### What the task asks
Return exactly, and only, the lines from the line containing "unreleased-lower released i" through the final line of the records below, both included.

BEGIN Supplied information

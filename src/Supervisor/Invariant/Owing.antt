-- ===== src/Supervisor/Invariant/Owing.antt =====
-- How the two sums of IsLinked change by one flag or one entry of a work list.
use ninit.Prelude.{
  ℕ, ◌+◌, ◌*◌, ◌<◌, ◌≡◌, refl, ap, Bool, true, false, not, List, [], ◌∷◌, ◌++◌, arith, bit, count,
  update, update_self, update_ne, sum-change,
}
use ninit.Graph.{Graph, dependents}
use ninit.Supervisor.Invariant.Defs.{unreleased, owing}

module _ (g : Graph) (d : ℕ) where
  pub owing-append : (xs ys : List ℕ) → owing g (xs ++ ys) d ≡ owing g xs d + owing g ys d
  unfolding owing
  owing-append [] ys = omega arith
  owing-append (x ∷ xs) ys = omega (arith, owing-append xs ys)

  pub owing-one : (j : ℕ) → owing g (j ∷ []) d ≡ count d (dependents g j)
  unfolding owing
  owing-one j = omega arith

  pub owing-cons :
      (j : ℕ) (js : List ℕ) → owing g (j ∷ js) d ≡ count d (dependents g j) + owing g js d
  unfolding owing
  owing-cons j js = refl

  pub owing-nil : owing g [] d ≡ 0
  unfolding owing
  owing-nil = refl

  -- one flag changes the sum by the edges of its service
  flag_change :
      (released : ℕ → Bool) (i : ℕ) (v : Bool)
      → i < g.n_svc
      → unreleased g (update released i v) d + bit (not (released i)) * count d (dependents g i)
        ≡ unreleased g released d + bit (not v) * count d (dependents g i)
  flag_change released i v l =
      let weight = λ (b : Bool). λ (j : ℕ). bit (not b) * count d (dependents g j) in
      let change =
        sum-change g.n_svc i (λ j. weight (update released i v j) j) (λ j. weight (released j) j) l
          (λ j ne. ap (λ b. weight b j) (update_ne released i v ne)) in
      omega (arith, change, ap (λ b. weight b i) (update_self released i v))

  pub unreleased-lower :
      (released : ℕ → Bool) (i : ℕ)
      → i < g.n_svc
      → released i ≡ true
      → unreleased g (update released i false) d
        ≡ unreleased g released d + count d (dependents g i)
  unreleased-lower released i l e =
      omega
        (arith, flag_change released i false l, ap (λ b. bit (not b) * count d (dependents g i)) e)

  pub unreleased-raise :
      (released : ℕ → Bool) (i : ℕ)
      → i < g.n_svc
      → released i ≡ false
      → unreleased g (update released i true) d + count d (dependents g i) ≡ unreleased g released d
  unreleased-raise released i l e =
      omega
        (arith, flag_change released i true l, ap (λ b. bit (not b) * count d (dependents g i)) e)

END Supplied information

### Reply to the task
  unreleased-lower released i l e =
      omega
        (arith, flag_change released i false l, ap (λ b. bit (not b) * count d (dependents g i)) e)

  pub unreleased-raise :
      (released : ℕ → Bool) (i : ℕ)
      → i < g.n_svc
      → released i ≡ false
      → unreleased g (update released i true) d + count d (dependents g i) ≡ unreleased g released d
  unreleased-raise released i l e =
      omega
        (arith, flag_change released i true l, ap (λ b. bit (not b) * count d (dependents g i)) e)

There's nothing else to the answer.